- Work item
Go through the entries below, tally each line that has the word "where", and give only the total.

(Saved entries)
=======

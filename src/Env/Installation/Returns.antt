-- ===== src/Env/Installation/Returns.antt =====
-- On a system whose operations succeed, the installation returns.
use org_muhkuh_tools_flasher.Common.{
  ℕ, ◌≡◌, refl, sym, subst, ◌∙◌, ap, Bool, true, false, not, ◌&&◌, ◌==◌, some, List, [], ◌∷◌,
  if◌then◌else◌,
}
use org_muhkuh_tools_flasher.Common.Io.{
  Io, ◌>>=◌, ◌>>◌, return, raise, gets, Yields, bind-Yields, return-Yields,
}
use org_muhkuh_tools_flasher.Common.Words.{Word, codes}
use org_muhkuh_tools_flasher.Common.Paths.{join}
use org_muhkuh_tools_flasher.Carriers.System.{World, on_rest}
use org_muhkuh_tools_flasher.Env.Installation.{
  InstallSystem, Reference, flasher_folder, tar_flasher, gen_name_flasher_archive, caught, try_copy,
  entered, change_directory, extract_members, extract_tar_gz, extract_zip, copy_files,
  copyfile_by_wildcard, apply_test_romloader, install_flasher_version_unpack, when, patch,
  run_installation,
}
use org_muhkuh_tools_flasher.Env.Installation.Installed.{IsUnpacked}
use org_muhkuh_tools_flasher.Env.Installation.Steps.{IsUnpackedFor, run_installation-IsUnpacked}

abbrev Any : {A : Type 0} → A → Type 0
Any a = Unit

gets-Yields : {W A : Type 0} (f : W → A) → Yields Any (gets f)
gets-Yields f w = (f w, w, refl, tt)

on_rest-Yields :
    {R A : Type 0} (holds : A → Type 0) (m : Io R A) → Yields holds m → Yields holds (on_rest m)
on_rest-Yields holds m y w = let (a, r, e, h) = y w.rest in (a, record w { rest = r }, rw e refl, h)

-- Each operation succeeds from every state.
pub record InstallWorks {R M : Type 0} (sys : InstallSystem R M) : Type 0 where
  pub enters : (here path : Word) (r : R) → (there : Word) × (sys.chdir here path r ≡ some there)
  pub opens : (here path : Word) → Yields Any (sys.open_tar here path)
  pub extracts : (here : Word) (m : M) → Yields Any (sys.extract_member here m)
  pub unzips : (here archive folder : Word) → Yields Any (sys.extract_all here archive folder)
  pub copies : (here source target : Word) → Yields Any (sys.copy here source target)

module _ {R M : Type 0} (sys : InstallSystem R M) (works : InstallWorks sys) where
  change_directory-Yields : (path : Word) → Yields Any (change_directory sys path)
  unfolding change_directory entered
  change_directory-Yields path w =
      let (there, e) = works.enters w.cwd path w.rest in
      (tt, record w { cwd = there }, rw e refl, tt)

  extract_members-Yields : (cwd : Word) (ms : List M) → Yields Any (extract_members sys cwd ms)
  unfolding extract_members
  extract_members-Yields cwd [] = return-Yields Any tt tt
  extract_members-Yields cwd (m ∷ ms) =
      bind-Yields Any Any (on_rest (sys.extract_member cwd m)) (λ _. extract_members sys cwd ms)
        (on_rest-Yields Any (sys.extract_member cwd m) (works.extracts cwd m))
        (λ _ _. extract_members-Yields cwd ms)

  extract_tar_gz-Yields : (archive folder : Word) → Yields Any (extract_tar_gz sys archive folder)
  unfolding extract_tar_gz
  extract_tar_gz-Yields archive folder =
      bind-Yields Any Any (gets (λ (w : World R). w.cwd))
        (λ old. change_directory sys folder >> unpack old) (gets-Yields (λ (w : World R). w.cwd))
        (λ old _.
          bind-Yields Any Any (change_directory sys folder) (λ _. unpack old)
            (change_directory-Yields folder)
            (λ _ _.
              bind-Yields Any Any (gets (λ (w : World R). w.cwd))
                (λ cwd. on_rest (sys.open_tar cwd archive) >>= leave old cwd)
                (gets-Yields (λ (w : World R). w.cwd))
                (λ cwd _.
                  bind-Yields Any Any (on_rest (sys.open_tar cwd archive)) (leave old cwd)
                    (on_rest-Yields Any (sys.open_tar cwd archive) (works.opens cwd archive))
                    (λ members _.
                      bind-Yields Any Any (extract_members sys cwd members)
                        (λ _. change_directory sys old) (extract_members-Yields cwd members)
                        (λ _ _. change_directory-Yields old)))))
    where
      leave : Word → Word → List M → Io (World R) Unit
      leave old cwd members = extract_members sys cwd members >> change_directory sys old

      unpack : Word → Io (World R) Unit
      unpack old = gets (λ (w : World R). w.cwd) >>= λ cwd.
          on_rest (sys.open_tar cwd archive) >>= leave old cwd

  extract_zip-Yields : (archive folder : Word) → Yields Any (extract_zip sys archive folder)
  unfolding extract_zip
  extract_zip-Yields archive folder =
      bind-Yields Any Any (gets (λ (w : World R). w.cwd))
        (λ cwd. on_rest (sys.extract_all cwd archive folder)) (gets-Yields (λ (w : World R). w.cwd))
        (λ cwd _.
          on_rest-Yields Any (sys.extract_all cwd archive folder) (works.unzips cwd archive folder))

  try_copy-Yields :
      (cwd source target : Word) → Yields (λ b. b ≡ true) (try_copy sys cwd source target)
  unfolding try_copy caught
  try_copy-Yields cwd source target r =
      let (_, s, e, _) = works.copies cwd source target r in (true, s, rw e refl, refl)

  copy_files-Yields :
      (cwd target : Word) (names : List Word)
      → Yields (λ n. n ≡ 0) (copy_files sys cwd target names)
  unfolding copy_files
  copy_files-Yields cwd target [] = return-Yields (λ n. n ≡ 0) 0 refl
  copy_files-Yields cwd target (name ∷ names) =
      bind-Yields (λ b. b ≡ true) (λ n. n ≡ 0) (try_copy sys cwd name target)
        (λ worked. if worked then copy_files sys cwd target names else return 56)
        (try_copy-Yields cwd name target)
        (λ b h.
          subst
            (λ b. Yields (λ n. n ≡ 0) (if b then copy_files sys cwd target names else return 56))
            (sym h) (copy_files-Yields cwd target names))

  copyfile_by_wildcard-Yields :
      (wildcard target : Word) → Yields (λ n. n ≡ 0) (copyfile_by_wildcard sys wildcard target)
  unfolding copyfile_by_wildcard
  copyfile_by_wildcard-Yields wildcard target =
      bind-Yields Any (λ n. n ≡ 0) (gets (λ (w : World R). w))
        (λ w. on_rest (copy_files sys w.cwd target (sys.glob w.cwd wildcard w.rest)))
        (gets-Yields (λ (w : World R). w))
        (λ w _.
          on_rest-Yields (λ n. n ≡ 0) (copy_files sys w.cwd target (sys.glob w.cwd wildcard w.rest))
            (copy_files-Yields w.cwd target (sys.glob w.cwd wildcard w.rest)))

  module _ (r : Reference) where
    copy_test : ℕ → Word → Io (World R) Unit
    copy_test err cwd =
        if err == 0
        then on_rest
            (sys.copy cwd (join r.base_root (codes "test_romloader.lua")) (flasher_folder r))
        else raise

    copy_test-Yields : (n : ℕ) (cwd : Word) → n ≡ 0 → Yields Any (copy_test n cwd)
    unfolding copy_test
    copy_test-Yields n cwd h =
        subst
          (λ k. Yields Any (
            if k == 0
            then on_rest
                (sys.copy cwd (join r.base_root (codes "test_romloader.lua")) (flasher_folder r))
            else raise))
          (sym h)
          (on_rest-Yields Any
            (sys.copy cwd (join r.base_root (codes "test_romloader.lua")) (flasher_folder r))
            (works.copies cwd (join r.base_root (codes "test_romloader.lua")) (flasher_folder r)))

    apply_test_romloader-Yields : Yields Any (apply_test_romloader sys r)
    unfolding apply_test_romloader copy_test
    apply_test_romloader-Yields =
        bind-Yields (λ n. n ≡ 0) Any
          (copyfile_by_wildcard sys
            (join (join r.base_root (codes "netxbins")) (codes "montest_*.bin"))
            (join (flasher_folder r) (codes "netx")))
          (λ err. gets (λ (w : World R). w.cwd) >>= copy_test err)
          (copyfile_by_wildcard-Yields
            (join (join r.base_root (codes "netxbins")) (codes "montest_*.bin"))
            (join (flasher_folder r) (codes "netx")))
          (λ err h.
            bind-Yields Any Any (gets (λ (w : World R). w.cwd)) (copy_test err)
              (gets-Yields (λ (w : World R). w.cwd)) (λ cwd _. copy_test-Yields err cwd h))

    when-Yields : (b : Bool) → Yields Any (when sys r b (apply_test_romloader sys r))
    unfolding when
    when-Yields true = apply_test_romloader-Yields
    when-Yields false = return-Yields Any tt tt

    unpack-Yields :
        (linux : Bool) (archive : Word)
        → Yields Any (
            if linux
            then extract_tar_gz sys archive r.base_root
            else extract_zip sys archive r.base_root)
    unpack-Yields true archive = extract_tar_gz-Yields archive r.base_root
    unpack-Yields false archive = extract_zip-Yields archive r.base_root

    patch-Yields : (b : Bool) → b ≡ false → Yields Any (patch sys r b)
    unfolding patch
    patch-Yields b h = subst (λ b. Yields Any (patch sys r b)) (sym h) (return-Yields Any 0 tt)

    run_installation-Yields :
        (force32 romloader : Bool)
        → r.apply_romloader_patch ≡ false
        → Yields Any (run_installation sys r force32 romloader)
    unfolding run_installation install_flasher_version_unpack
    run_installation-Yields force32 romloader h =
        let archive = gen_name_flasher_archive r (force32 && not r.on_linux) in
        bind-Yields Any Any (extract_tar_gz sys (tar_flasher r) r.base_root)
          (λ _.
            install_flasher_version_unpack sys r archive
            >> (when sys r romloader (apply_test_romloader sys r)
                >> patch sys r r.apply_romloader_patch))
          (extract_tar_gz-Yields (tar_flasher r) r.base_root)
          (λ _ _.
            bind-Yields Any Any (install_flasher_version_unpack sys r archive)
              (λ _.
                when sys r romloader (apply_test_romloader sys r)
                >> patch sys r r.apply_romloader_patch)
              (unpack-Yields r.is_linux archive)
              (λ _ _.
                bind-Yields Any Any (when sys r romloader (apply_test_romloader sys r))
                  (λ _. patch sys r r.apply_romloader_patch) (when-Yields romloader)
                  (λ _ _. patch-Yields r.apply_romloader_patch h)))

    -- If each operation of the system succeeds, the path of the working directory leads to itself
    -- and no patch of the romloader is asked for, `runInstallation` returns 0: all members of the
    -- archive of the flasher were extracted in the root folder, then the archive of the operating
    -- system was unpacked, on Windows from a path that starts at the working directory, which is
    -- as before.
    pub run_installation-returns :
        (force32 romloader : Bool) (w : World R)
        → r.apply_romloader_patch ≡ false
        → ((c : Word) (s : R) → sys.chdir c w.cwd s ≡ some w.cwd)
        → (u x v : World R) × (run_installation sys r force32 romloader w ≡ (some 0, v))
          × IsUnpacked sys (tar_flasher r) r.base_root w u
          × IsUnpackedFor sys r r.is_linux
              (gen_name_flasher_archive r (force32 && not r.on_linux))
              u
              x
          × (x.cwd ≡ w.cwd)
          × (v.cwd ≡ w.cwd)
    run_installation-returns force32 romloader w h back =
        let (n, v, e, _) = run_installation-Yields force32 romloader h w in
        let (u, x, first, second, still, home, _, zero_) =
          run_installation-IsUnpacked sys r force32 romloader n w v back e in
        (u, x, v, e ∙ ap (λ n. (some n, v)) zero_, first, second, still, home)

=======

- Output of the task
4